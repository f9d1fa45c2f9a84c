-- ===== src/Examples/Queue/Filling.antt =====
-- One transfer of the program, and what a queue without room or without messages answers.
use ohmylib.Prelude.{
  ℕ, ◌*◌, ◌<◌, ◌≡◌, ◌≢◌, ◌⊎◌, refl, sym, ap, Bool, false, inl, inr, none, some, List, [], ◌∷◌, ◌++◌,
  length, Disjoint,
}
use mathlib.Core.Path.{subst}
use ohmylib.Prelude.Int.{pos}
use ohmylib.Prelude.Words.{read_bytes-store_pointer}
use ohmylib.Queue.State.{Queue, Shared, returns, fails, enospc, queue_is_full_locked}
use ohmylib.Queue.Deadline.{Timespec, deadline}
use ohmylib.Queue.Transfer.{cond_write, queue_put, queue_send, queue_send_wait}
use ohmylib.Queue.Waiting.{AllLeave, EndsWaiting, wait_loop_keeps, wait_loop_finishes}
use ohmylib.Queue.Progress.{first_free, send_free}
use ohmylib.Examples.Queue.{alone, shared_of}
use ohmylib.Examples.Queue.Keeping.{
  Keeps, with_pointer, Keeps-with_pointer, Keeps-put, full_lem, room_lem,
}

-- A wait ends by a result other than 0.
abbrev pub TimesOut : List ℕ → Type 0
TimesOut [] = ⊥
TimesOut (r ∷ rs) = (r ≢ 0) ⊎ TimesOut rs

pub alone-EndsWaiting : (s : Shared) (waits : List ℕ) → TimesOut waits → EndsWaiting (alone s waits)
alone-EndsWaiting s [] h = absurd h
alone-EndsWaiting s (r ∷ rs) (inl h) = inl h
alone-EndsWaiting s (r ∷ rs) (inr h) = inr (alone-EndsWaiting s rs h)

pub alone-AllLeave : (s : Shared) (waits : List ℕ) → AllLeave (λ t. t ≡ s) (alone s waits)
alone-AllLeave s [] = tt
alone-AllLeave s (r ∷ rs) = (refl, alone-AllLeave s rs)

pub alone-first_free :
    (busy : Queue → Bool) (s : Shared) (waits : List ℕ)
    → busy s.queue ≡ false
    → first_free busy s 0 (alone s waits) ≡ some s
alone-first_free busy s [] h = rw h refl
alone-first_free busy s (r ∷ rs) h = rw h refl

-- The variable `s` at `p` lies outside the allocated buffer at `b` of a queue of `n` pointers, which
-- holds `ptrs`.
pub record Holds (p b n : ℕ) (s : Shared) (ptrs : List ℕ) : Type 0 where
  pub keeps : Keeps b n s ptrs
  pub owned : s.queue.statically_allocated ≡ false
  pub outside : Disjoint p 8 b (n * 8)

module _ (p b n : ℕ) (s : Shared) (ptrs : List ℕ) (h : Holds p b n s ptrs) where
  pub Holds-with_pointer : (v : ℕ) → Holds p b n (with_pointer p v s) ptrs
  Holds-with_pointer v = record {
    keeps = Keeps-with_pointer b n s ptrs h.keeps p h.outside v;
    owned = h.owned;
    outside = h.outside;
  }

  -- A send while there is room.
  pub send_room :
      (now : Timespec) (waits : List ℕ) (v : ℕ)
      → length ptrs < n
      → let s' = with_pointer p v s in
        let o = queue_send now (alone s' waits) (some s') p (pos 1000) in
        (o.reply ≡ some (returns (pos 0))) × Holds p b n (shared_of s' o) (ptrs ++ (v ∷ []))
  send_room now waits v room =
      let s' = with_pointer p v s in
      let room_left = room_lem b n s ptrs h.keeps room in
      let (replied, left) =
        send_free now (pos 1000) p (alone s' waits) s' s'
          (alone-first_free queue_is_full_locked s' waits room_left) in
      (
        replied,
        subst (λ t. Holds p b n t (ptrs ++ (v ∷ [])))
            (sym (ap (λ o. elim o [ none ↦ s' | some t ↦ t ]) left))
            (record {
              keeps =
                  Keeps-put b n s' ptrs (Holds-with_pointer v).keeps p v room
                    (read_bytes-store_pointer p v s.memory);
              owned = unfold queue_put in h.owned;
              outside = h.outside;
            }),
      )

  -- A send where there is none: the queue is left as it was.
  pub send_full :
      (now : Timespec) (waits : List ℕ) (v : ℕ)
      → TimesOut waits
      → length ptrs ≡ n
      → let s' = with_pointer p v s in
        let o = queue_send now (alone s' waits) (some s') p (pos 1000) in
        (o.reply ≡ some (fails enospc)) × (o.shared ≡ some s')
  unfolding queue_send queue_send_wait
  send_full now waits v out e =
      let s' = with_pointer p v s in
      let full = full_lem b n s ptrs h.keeps e in
      let kept =
        wait_loop_keeps queue_is_full_locked cond_write (deadline now (pos 1000)) (λ t. t ≡ s')
          (alone s' waits) s' 0 (alone-AllLeave s' waits) refl in
      let finished =
        wait_loop_finishes queue_is_full_locked cond_write (deadline now (pos 1000))
          (alone s' waits) s' 0 (inr (alone-EndsWaiting s' waits out)) in
      rw (full, finished, kept) (rw full (refl, refl))
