-- ===== src/Examples/Queue/Emptying.antt =====
-- A receive of the program, with and without messages.
use ohmylib.Prelude.{ℕ, ◌^◌, ◌<◌, ◌≡◌, refl, sym, ap, inr, none, some, List, [], ◌∷◌}
use mathlib.Core.Path.{subst}
use ohmylib.Prelude.Int.{pos}
use ohmylib.Prelude.Words.{load_pointer}
use ohmylib.Queue.State.{Shared, returns, fails, eagain, queue_is_empty_locked}
use ohmylib.Queue.Deadline.{Timespec, deadline}
use ohmylib.Queue.Transfer.{cond_read, queue_take, queue_recv, queue_recv_wait}
use ohmylib.Queue.Waiting.{wait_loop_keeps, wait_loop_finishes}
use ohmylib.Queue.Progress.{recv_free}
use ohmylib.Examples.Queue.{alone, shared_of}
use ohmylib.Examples.Queue.Keeping.{with_pointer, Keeps-take, more_lem, empty_lem}
use ohmylib.Examples.Queue.Filling.{
  TimesOut, alone-EndsWaiting, alone-AllLeave, alone-first_free, Holds, Holds-with_pointer,
}

module _ (p b n : ℕ) (s : Shared) where
  pub recv_more :
      (now : Timespec) (waits : List ℕ) (v : ℕ) (rest : List ℕ)
      → Holds p b n s (v ∷ rest)
      → v < 256 ^ 8
      → let s' = with_pointer p 0 s in
        let o = queue_recv now (alone s' waits) (some s') p (pos 1000) in
        (o.reply ≡ some (returns (pos 0)))
        × Holds p b n (shared_of s' o) rest
        × (load_pointer p (shared_of s' o).memory ≡ v)
  recv_more now waits v rest h small =
      let s' = with_pointer p 0 s in
      let t = queue_take p s' in
      let stored = (Holds-with_pointer p b n s (v ∷ rest) h 0).keeps in
      let (replied, left) =
        recv_free now (pos 1000) p (alone s' waits) s' s'
          (alone-first_free queue_is_empty_locked s' waits (more_lem b n s v rest h.keeps)) in
      let (kept, loaded) = Keeps-take b n s' v rest p stored h.outside small in
      let here : Holds p b n t rest = record {
        keeps = kept;
        owned = unfold queue_take in h.owned;
        outside = h.outside;
      } in
      let same : t ≡ shared_of s' (queue_recv now (alone s' waits) (some s') p (pos 1000)) =
        sym (ap (λ o. elim o [ none ↦ s' | some u ↦ u ]) left) in
      (
        replied,
        subst (λ u. Holds p b n u rest) same here,
        subst (λ u. load_pointer p u.memory ≡ v) same loaded,
      )

  pub recv_none :
      (now : Timespec) (waits : List ℕ)
      → Holds p b n s []
      → TimesOut waits
      → let s' = with_pointer p 0 s in
        let o = queue_recv now (alone s' waits) (some s') p (pos 1000) in
        (o.reply ≡ some (fails eagain)) × (o.shared ≡ some s')
  unfolding queue_recv queue_recv_wait
  recv_none now waits h out =
      let s' = with_pointer p 0 s in
      let empty = empty_lem b n s h.keeps in
      let kept =
        wait_loop_keeps queue_is_empty_locked cond_read (deadline now (pos 1000)) (λ t. t ≡ s')
          (alone s' waits) s' 0 (alone-AllLeave s' waits) refl in
      let finished =
        wait_loop_finishes queue_is_empty_locked cond_read (deadline now (pos 1000))
          (alone s' waits) s' 0 (inr (alone-EndsWaiting s' waits out)) in
      rw (empty, finished, kept) (rw empty (refl, refl))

------------------------------------------------------------------------

Description of the task —
Output only the number of lines above holding "without".

Exercise output —
2